Drogenabhängigkeit – Wie ein Geist
Mit 14 wird Guido drogensüchtig, ganz still und leise. Als Eltern und Bruder es erkennen, ist es fast zu spät – es beginnt ein Horrortrip für die ganze Familie.
Die schwarzen Pupillen so groß, dass sie das strahlende Blau seiner Augen ganz an den Rand gedrängt haben, um den Mund ein irres /Zucken, die Haare fettig, die Hände zitternd, so stand er da und schrie. An dieses Bild erinnern sich die Eltern. Damals schrie er oft. Miteinander sprechen war schon lange nicht mehr möglich, nicht über Alltägliches, schon gar nicht über das Problem. Immer wurde er
aggressiv. Er war kaum noch zu Hause und wenn sie ihn zu Gesicht bekamen, war er entweder auf dem Weg ins Bett oder auf dem Weg in den nächsten Abgrund.
Und wie er da so stand, mit diesen Augen, die nicht seine waren, sahen seine Eltern nur einen Körper, eine Hülle, ausgemergelt, vollgestopft mit Alkohol, mit Gras, mit Speed, mit Ecstasy oder mit Crystal. Vor ihnen stand die Sucht, aber nicht ihr Sohn. Der war verloren gegangen.
Eine Familie will erzählen, wie die Drogensucht ihres Sohnes das Leben aller Familienmitglieder veränderte, bis vor zwei Jahren, als es plötzlich vorbei war. Die Familie, das sind Mutter Daniela, Vater Wolf, ihr älterer Sohn Trutz und der jüngere Guido. Ungefähr 2013 wurde Guido drogenabhängig, heimlich und leise. Darauf folgten sieben laute und zerstörerische Jahre.
Heute wollen alle Familienmitglieder darüber sprechen, was diese Zeit mit ihnen gemacht hat. Sie wollen über Momente sprechen, die ihnen im Nachhinein wie Warnsignale erscheinen, die sie übersehen haben. Über Nächte, in denen sie nicht wussten, ob Guido tot ist oder lebt, über die Fragen nach Schuld und die lähmende Einsicht, dass Sucht ein Gegner außer Konkurrenz ist. Die ganze Familie hat sich viele Jahre gefragt: Wie konnte das alles nur passieren?

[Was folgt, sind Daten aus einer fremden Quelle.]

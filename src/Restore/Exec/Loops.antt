-- ===== src/Restore/Exec/Loops.antt =====
-- What the loops over the roots do, from what they do with one root.
use octa.Common.{List, [], ◌∷◌}
use octa.Restore.Exec.{Fault, Outcome, returned, raised, stopped, Exec, with_state, each, each_rev}
use octa.Restore.Exec.Ends.{
  Ends, returns, raises, stops_at, at_return, Ends-earlier, Ends-map, Ends-with_state,
}

-- `P` holds of the members of two lists of the same length.
abbrev pub Each : {T S : Type 0} → (T → S → Type 0) → List T → List S → Type 0
Each P [] [] = Unit
Each P [] (r ∷ rs) = ⊥
Each P (t ∷ ts) [] = ⊥
Each P (t ∷ ts) (r ∷ rs) = P t r × Each P ts rs

pub Each-map :
    {T S : Type 0} (P Q : T → S → Type 0) (ts : List T) (rs : List S)
    → ((t : T) (s : S) → P t s → Q t s)
    → Each P ts rs
    → Each Q ts rs
Each-map P Q [] [] f h = tt
Each-map P Q [] (r ∷ rs) f h = elim h [ ]
Each-map P Q (t ∷ ts) [] f h = elim h [ ]
Each-map P Q (t ∷ ts) (r ∷ rs) f h = (f t r h.0, Each-map P Q ts rs f h.1)

-- A loop takes `P` of every member to `Q`; wherever it ends, each member meets `J`.
module _ {T S : Type 0} (P Q J : T → S → Type 0) (body : Exec S (Unit {0})) where
  abbrev pub Turns : Type 0
  Turns = (t : T) (r : S) (fs : List Fault) → P t r → Ends (λ _. Q t) (J t) (J t) fs (body r fs)

  pub Each-each :
      ((t : T) (r : S) → P t r → J t r)
      → ((t : T) (r : S) → Q t r → J t r)
      → Turns
      → (ts : List T) (rs : List S) (fs : List Fault) → Each P ts rs
      → Ends (λ _. Each Q ts) (Each J ts) (Each J ts) fs (each body rs fs)
  unfolding each
  Each-each pj qj b [] [] fs h = at_return tt [] fs tt
  Each-each pj qj b [] (r ∷ rs) fs h = elim h [ ]
  Each-each pj qj b (t ∷ ts) [] fs h = elim h [ ]
  Each-each pj qj b (t ∷ ts) (r ∷ rs) fs h =
      go (body r fs) (b t r fs h.0) λ gs. Each-each pj qj b ts rs gs h.1
    where
      go :
          (o : Outcome S (Unit {0}))
          → Ends (λ _. Q t) (J t) (J t) fs o
          → ((gs : List Fault) → Ends (λ _. Each Q ts) (Each J ts) (Each J ts) gs (each body rs gs))
          → Ends
              (λ _. Each Q (t ∷ ts))
              (Each J (t ∷ ts))
              (Each J (t ∷ ts))
              fs
              (elim o [
                | returned _ q gs ↦ with_state (λ qs. q ∷ qs) (each body rs gs)
                | raised e q gs ↦ raised e (q ∷ rs) gs
                | stopped q ↦ stopped (q ∷ rs)
              ])
      go _ (returns _ a q gs k e) rest = Ends-earlier fs gs _ k (
          Ends-with_state (λ qs. q ∷ qs) _
            (Ends-map _ (λ _ qs l. (e, l)) (λ qs l. (qj t q e, l)) (λ qs l. (qj t q e, l))
              (rest gs)))
      go _ (raises _ x q gs j k e) rest = raises fs x (q ∷ rs) gs j k (e, Each-map P J ts rs pj h.1)
      go _ (stops_at _ q j e) rest = stops_at fs (q ∷ rs) j (e, Each-map P J ts rs pj h.1)

  pub Each-each_rev :
      ((t : T) (r : S) → P t r → J t r)
      → ((t : T) (r : S) → Q t r → J t r)
      → Turns
      → (ts : List T) (rs : List S) (fs : List Fault) → Each P ts rs
      → Ends (λ _. Each Q ts) (Each J ts) (Each J ts) fs (each_rev body rs fs)
  unfolding each_rev
  Each-each_rev pj qj b [] [] fs h = at_return tt [] fs tt
  Each-each_rev pj qj b [] (r ∷ rs) fs h = elim h [ ]
  Each-each_rev pj qj b (t ∷ ts) [] fs h = elim h [ ]
  Each-each_rev pj qj b (t ∷ ts) (r ∷ rs) fs h =
      go (each_rev body rs fs) (Each-each_rev pj qj b ts rs fs h.1)
    where
      go :
          (o : Outcome (List S) (Unit {0}))
          → Ends (λ _. Each Q ts) (Each J ts) (Each J ts) fs o
          → Ends
              (λ _. Each Q (t ∷ ts))
              (Each J (t ∷ ts))
              (Each J (t ∷ ts))
              fs
              (elim o [
                | returned _ qs gs ↦ with_state (λ q. q ∷ qs) (body r gs)
                | raised e qs gs ↦ raised e (r ∷ qs) gs
                | stopped qs ↦ stopped (r ∷ qs)
              ])
      go _ (returns _ a qs gs k e) =
          let later = Each-map Q J ts qs qj e in
          Ends-earlier fs gs _ k (
            Ends-with_state (λ q. q ∷ qs) _
              (Ends-map _ (λ _ q l. (l, e)) (λ q l. (l, later)) (λ q l. (l, later)) (b t r gs h.0)))
      go _ (raises _ x qs gs j k e) = raises fs x (r ∷ qs) gs j k (pj t r h.0, e)
      go _ (stops_at _ qs j e) = stops_at fs (r ∷ qs) j (pj t r h.0, e)

-- A loop over a single member is its body.
pub each_single :
    {S : Type 0} {R : Unit {0} → List S → Type 0} {E C : List S → Type 0} (body : Exec S (Unit {0}))
    (r : S) (fs : List Fault)
    → Ends (λ a q. R a (q ∷ [])) (λ q. E (q ∷ [])) (λ q. C (q ∷ [])) fs (body r fs)
    → Ends R E C fs (each body (r ∷ []) fs)
unfolding each with_state
each_single {S = S} {R = R} {E = E} {C = C} body r fs h = go (body r fs) h
  where
    go :
        (o : Outcome S (Unit {0}))
        → Ends (λ a q. R a (q ∷ [])) (λ q. E (q ∷ [])) (λ q. C (q ∷ [])) fs o
        → Ends R E C fs (elim o [
          | returned _ q gs ↦ returned tt (q ∷ []) gs
          | raised e q gs ↦ raised e (q ∷ []) gs
          | stopped q ↦ stopped (q ∷ [])
        ])
    go _ (returns _ a q gs k e) = returns fs tt (q ∷ []) gs k e
    go _ (raises _ x q gs j k e) = raises fs x (q ∷ []) gs j k e
    go _ (stops_at _ q j e) = stops_at fs (q ∷ []) j e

2021 haben bei einer Umfrage der Bundeszentrale für gesundheitliche Aufklärung 9,3 Prozent der Jugendlichen zwischen 12 und 17 Jahren bestätigt, mindestens einmal in ihrem Leben Cannabis konsumiert zu haben. Bei den 18- bis 25-Jährigen waren es 50 Prozent. Das ist der höchste erhobene Wert seit 1973.
An einem Mittwoch Anfang September schirmt Guido seine blauen Augen gegen die Sonne ab. Er will den Hof zeigen, sein neues Zuhause, die Kühe, den Stall, den Garten, das Restaurant. Aber er will vor allem reden. Darüber, was war und dass es Vergangenheit ist und bleiben soll. Über den Rausch, den Weg rein und den raus. Er will offen und ehrlich sprechen, und darum seinen Nachnamen nicht in diesem Text lesen. Denn es wird auch um Straftaten gehen, für die er nie belangt wurde und er möchte in Zukunft mehr sein als nur der Ex-Junkie. Auch für Arbeitgeber, die ihn googeln könnten.
Die Eltern sitzen an einem heißen Tag im August auf ihrer Terrasse bei Kaffee und Butterbrezel. Die Mutter, grau glänzendes Haar, wallende Bluse und helles Lachen, der Vater im Karohemd, mit dünnrandiger Brille und weicher Stimme. Beide beugen sich vor beim Erzählen, sie sehen sich an, wenn sie bei Details unsicher sind, zögern nicht mit ihren Antworten und reden nicht leise. Die Sorge vor den Nachbarn haben sie vor langer Zeit abgelegt.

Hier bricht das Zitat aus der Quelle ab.